「部屋の電気をこまめに消しましょう」
そう言われたときに心をざわつかせる違和感。気候変動という圧倒的な危機に対して、僕のこまめな省エネはどれだけ貢献できるんでしょうか。塵も積もればとは言いますが、あまりにも細かなアクションに感じるのも事実です。
では、本当に意味のあるアクションは何なのか。自然エネルギーの活用や森林保護、肉食をやめる…漠然としたイメージとして「効果がありそう」なことは思いつきますが、それらが気候変動に解決に大きな効果をもたらすのかわかりません。しかし今の世は、人類が地球の生態系や気候に大きな影響を及ぼすようになった「人新世」と呼ばれる時代。本当に、本当に待ったなしです…。
そんな状況をひっくり返す可能性を秘めた、本が出版されました。『ドローダウンー地球温暖化を逆転させる100の方法(原題: Drawdown: The Most Comprehensive Plan Ever Proposed to Reverse Global Warming)』です。
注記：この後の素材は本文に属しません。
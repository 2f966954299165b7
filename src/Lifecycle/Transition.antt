-- ===== src/Lifecycle/Transition.antt =====
-- `transition_state_with_history`: the request names the exercise as it loaded it (`observed`), and
-- `now` is the clock's answer. The UPDATE is a compare-and-swap on the observed state.
use iceberg_ttx.Prelude.{
  ℕ, String, Bool, ◌&&◌, [], ◌∷◌, ◌++◌, Option, none, some, ◌==◌, nat_eq, find, contains, is_some,
  is_none, if◌then◌else◌,
}
use iceberg_ttx.Prelude.Int.{ℤ, pos, ◌+ℤ◌, ◌-ℤ◌}
use iceberg_ttx.Errors.{
  ok, err, ◌>>=◌, ◌>>◌, require, exercise_not_found, invalid_transition, state_changed, key_error,
}
use iceberg_ttx.Models.Enums.{ExerciseState, draft, active, paused, completed, exercise_state_eq}
use iceberg_ttx.Models.Exercise.{Exercise, ExerciseStateTransition}
use iceberg_ttx.Models.Database.{Db, insert, update_rows, get_exercise, exercise_state_changed}
use iceberg_ttx.Launch.Content.{Http, External}
use iceberg_ttx.Launch.Freeze.{freeze_launch_configuration, or_raise}
use iceberg_ttx.Lifecycle.States.{valid_transitions, transition_action}

-- values["started_at"], where the key is set.
abbrev pub new_started_at : Exercise → ExerciseState → ℕ → Option ℕ → Option ℕ
new_started_at observed new_state now old =
    if new_state == active && is_none observed.started_at then some now else old

-- values["accumulated_pause_seconds"]: the open pause of the observed exercise is added.
abbrev pub resumed : Option ℕ → ℤ → ℕ → ℤ → ℤ
resumed none accumulated now old = old
resumed (some paused_at) accumulated now old = accumulated +ℤ (pos now -ℤ pos paused_at)

abbrev pub new_accumulated : Exercise → ExerciseState → ℕ → ℤ → ℤ
new_accumulated observed new_state now old =
    if new_state == active
    then resumed observed.paused_at observed.accumulated_pause_seconds now old
    else old

abbrev pub new_paused_at : Exercise → ExerciseState → ℕ → Option ℕ → Option ℕ
new_paused_at observed new_state now old =
    if new_state == paused
    then some now
    else if new_state == active && is_some observed.paused_at
    then none
    else old

abbrev pub new_ended_at : ExerciseState → ℕ → Option ℕ → Option ℕ
new_ended_at new_state now old = if new_state == completed then some now else old

-- The row after the UPDATE: keys that `values` lacks keep the row's own value.
unfoldable pub apply_values : Exercise → ExerciseState → ℕ → Exercise → Exercise
apply_values observed new_state now row = record row {
  state = new_state;
  started_at = new_started_at observed new_state now row.started_at;
  paused_at = new_paused_at observed new_state now row.paused_at;
  accumulated_pause_seconds = new_accumulated observed new_state now row.accumulated_pause_seconds;
  ended_at = new_ended_at new_state now row.ended_at;
}

abbrev pub swaps : Exercise → Exercise → Bool
swaps observed row = row.id == observed.id && row.state == observed.state

-- actor_id if actor_id is not None else exercise.created_by
abbrev pub actor : Option ℕ → Exercise → ℕ
actor none observed = observed.created_by
actor (some id) observed = id

abbrev pub new_transition : Exercise → ExerciseState → Option ℕ → ℕ → ℕ → ExerciseStateTransition
new_transition observed new_state actor_id now id = record {
  id = id;
  exercise_id = observed.id;
  from_state = observed.state;
  to_state = new_state;
  actor_id = some (actor actor_id observed);
  transitioned_at = now;
}

-- The row that the UPDATE matched; where it matched none, the request lost.
abbrev pub won : Exercise → Option Exercise → Option Exercise → Http Exercise
won observed (some row) current = ok row
won observed none none = err exercise_not_found
won observed none (some current) = err (state_changed observed.state current.state)

unfoldable pub committed : Db → Exercise → ExerciseState → Option ℕ → ℕ → String → Db
committed db observed new_state actor_id now action = record db {
  exercises = update_rows (swaps observed) (apply_values observed new_state now) db.exercises;
  transitions = insert (new_transition observed new_state actor_id now) db.transitions;
  events = db.events ++ exercise_state_changed observed.id db.transitions.next_id action ∷ [];
}

-- The part after the launch configuration is frozen.
unfoldable pub compare_and_swap :
    Db → Exercise → ExerciseState → Option ℕ → ℕ → Http (Exercise × Db)
unfolding committed
compare_and_swap db observed new_state actor_id now = do
  require (contains new_state (valid_transitions observed.state))
      (invalid_transition observed.state new_state)
  _ ← won observed (find (swaps observed) db.exercises.rows) (get_exercise db observed.id)
  action ← or_raise (transition_action observed.state new_state) key_error
  let db' = committed db observed new_state actor_id now action
  updated ← or_raise (get_exercise db' observed.id) exercise_not_found
  ok (updated, db')

unfoldable pub transition_state_with_history :
    External → Db → Exercise → ExerciseState → Option ℕ → ℕ → Http (Exercise × Db)
unfolding compare_and_swap
transition_state_with_history ext db exercise new_state actor_id now =
    if exercise.state == draft && new_state == active
    then (do
      (frozen, db') ← freeze_launch_configuration ext db exercise
      compare_and_swap db' frozen new_state actor_id now)
    else compare_and_swap db exercise new_state actor_id now
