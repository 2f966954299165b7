-- ===== src/Lifecycle/Timeline.antt =====
-- The stored times of an exercise against its transition history: the invariant.
pub mod Moves
use iceberg_ttx.Prelude.{
  ℕ, ◌≤◌, ◌<◌, ◌+◌, Bool, true, false, not, ◌&&◌, List, [], ◌∷◌, ◌++◌, Option, none, some, ◌≡◌, ◌≢◌,
  ◌⊎◌, refl, sym, ◌∙◌, arith, inl, inr, Option-cases, ◌==◌, ==→≡, ltb, leb, is_some, All,
  All-append, Bool-cases, if◌then◌else◌,
}
use iceberg_ttx.Prelude.Int.{
  ℤ, pos, ◌+ℤ◌, ◌-ℤ◌, ◌≤ℤ◌, pos_part, neg_part, +ℤ_parts, -ℤ_parts, eq_of_parts, int_laws,
}
use iceberg_ttx.Prelude.Sort.{IsSorted}
use iceberg_ttx.Models.Enums.{ExerciseState, draft, active, paused, completed, exercise_state_eq}
use iceberg_ttx.Models.Exercise.{Exercise, ExerciseStateTransition}
use iceberg_ttx.Lifecycle.States.{Step, Step-cases}
use iceberg_ttx.Lifecycle.Transition.{apply_values, resumed}
use iceberg_ttx.Lifecycle.Clock.{PauseScan, no_pause, scan_one, by_time, open_pause, or_now}

-- The state after a history, and its pauses: closed ones in sum, and the one that is open.
pub last_state : ExerciseState → List ExerciseStateTransition → ExerciseState
last_state s [] = s
last_state s (t ∷ ts) = last_state t.to_state ts

unfoldable pub scan_all : PauseScan → List ExerciseStateTransition → PauseScan
scan_all s [] = s
scan_all s (t ∷ ts) = scan_all (scan_one s t) ts

pub last_state-snoc :
    (s : ExerciseState) (h : List ExerciseStateTransition) (t : ExerciseStateTransition)
    → last_state s (h ++ t ∷ []) ≡ t.to_state
unfolding last_state
last_state-snoc s [] t = refl
last_state-snoc s (u ∷ h) t = last_state-snoc u.to_state h t

pub scan_all-snoc :
    (s : PauseScan) (h : List ExerciseStateTransition) (t : ExerciseStateTransition)
    → scan_all s (h ++ t ∷ []) ≡ scan_one (scan_all s h) t
unfolding scan_all
scan_all-snoc s [] t = refl
scan_all-snoc s (u ∷ h) t = scan_all-snoc (scan_one s u) h t

abbrev pub Before : ℕ → List ExerciseStateTransition → Type 0
Before m h = All (λ t. t.transitioned_at ≤ m) h

abbrev pub After : ℕ → List ExerciseStateTransition → Type 0
After m h = All (λ t. m ≤ t.transitioned_at) h

-- Up to this time the accumulator has taken in every pause: the start of the pause that the row keeps,
-- else the end, else now. A row that was completed while paused keeps that pause.
abbrev pub accounted_until : Exercise → ℕ → ℕ
accounted_until e now = or_now e.paused_at (or_now e.ended_at now)

pub record IsTimeline (e : Exercise) (h : List ExerciseStateTransition) : Type 0 where
  -- The history ends in the state of the row, and its times do not go back.
  pub ends : last_state draft h ≡ e.state
  pub ordered : IsSorted by_time h
  -- The start is recorded from the first activation on, the end at completion.
  pub started : is_some e.started_at ≡ not (e.state == draft)
  pub ended : is_some e.ended_at ≡ (e.state == completed)
  pub since : (s : ℕ) → e.started_at ≡ some s → After s h
  pub drafted : e.state ≡ draft → h ≡ []
  pub start_first : (s m : ℕ) → e.started_at ≡ some s → Before m h → s ≤ m
  -- Until completion the accumulator is the sum of the closed pauses of the history.
  pub closed :
      e.state ≢ completed → e.accumulated_pause_seconds ≡ (scan_all no_pause h).paused_seconds
  -- At completion the history closes the pause that was open; the row keeps it in `paused_at`, and the
  -- accumulator lacks it.
  pub total :
      e.state ≡ completed
      → (scan_all no_pause h).paused_seconds
        ≡ e.accumulated_pause_seconds +ℤ open_pause e.paused_at (or_now e.ended_at 0)
  pub settled : e.state ≡ completed → (scan_all no_pause h).pause_started ≡ none
  -- Until completion `paused_at` is the open pause of the history: there is one while paused.
  pub still_open : e.state ≢ completed → e.paused_at ≡ (scan_all no_pause h).pause_started
  pub while_paused : e.state ≢ completed → is_some e.paused_at ≡ (e.state == paused)
  -- The pause that the row keeps began within the history, and before its end.
  pub pause_kept : (p m : ℕ) → e.paused_at ≡ some p → Before m h → p ≤ m
  pub pause_ended : (p x : ℕ) → e.paused_at ≡ some p → e.ended_at ≡ some x → p ≤ x
  pub ended_last : (x m : ℕ) → e.ended_at ≡ some x → Before m h → x ≤ m
  -- The closed pauses fit between the start and that time.
  pub fits :
      (s m : ℕ)
      → e.started_at ≡ some s
      → Before m h
      → e.accumulated_pause_seconds +ℤ pos s ≤ℤ pos (accounted_until e m)

pub IsSorted-snoc :
    (h : List ExerciseStateTransition) (t : ExerciseStateTransition)
    → IsSorted by_time h
    → Before t.transitioned_at h
    → IsSorted by_time (h ++ t ∷ [])
IsSorted-snoc [] t s b = (tt, tt)
IsSorted-snoc (u ∷ h) t s b =
    (All-append _ h (t ∷ []) s.0 (ground arith, tt), IsSorted-snoc h t s.1 b.1)

pub Before-snoc :
    {m : ℕ} (h : List ExerciseStateTransition) (t : ExerciseStateTransition)
    → Before m (h ++ t ∷ [])
    → Before m h × (t.transitioned_at ≤ m)
Before-snoc [] t b = (tt, b.0)
Before-snoc (u ∷ h) t b = let r = Before-snoc h t b.1 in ((b.0, r.0), r.1)

-- A draft has no history yet.
pub IsTimeline-draft :
    (e : Exercise)
    → e.state ≡ draft
    → e.started_at ≡ none
    → e.ended_at ≡ none
    → e.paused_at ≡ none
    → e.accumulated_pause_seconds ≡ pos 0
    → IsTimeline e []
unfolding last_state scan_all
IsTimeline-draft e st sa ea pa acc = record {
  ends = sym st;
  ordered = tt;
  started = rw (sa, st);
  ended = rw (ea, st);
  since = λ s h. tt;
  drafted = λ q. refl;
  start_first = λ s m q. cc (rw sa at q);
  closed = λ ne. acc;
  total = λ q. cc (rw st at q);
  settled = λ q. refl;
  still_open = λ ne. pa;
  while_paused = λ ne. rw (pa, st);
  pause_kept = λ p m q. cc (rw pa at q);
  pause_ended = λ p x q. cc (rw pa at q);
  ended_last = λ x m q. cc (rw ea at q);
  fits = λ s m q. cc (rw sa at q);
}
社会起業家・環境活動家のポール・ホーケン(Paul Hawken)が、世界中の科学者たちと協働して、気候変動へのアクションを検証・評価し、ランキングにしたもの。英語で出版されたあと、世界14カ国の言語で翻訳されています。日本語訳の出版にあたってはクラウドファンディングで800万円以上の資金が集まり、山と渓谷社より発売中です。
今回は、日本語版出版の準備から、ドローダウンを実現するコミュニティづくりも手掛ける「ドローダウンジャパンコンソーシアム」の野崎安澄さん、そしてドローダウンを知りアクションを起こしている井上直己さんと鳥居有香子さんの3人に、編集長・鈴木菜央がお話を聞きました。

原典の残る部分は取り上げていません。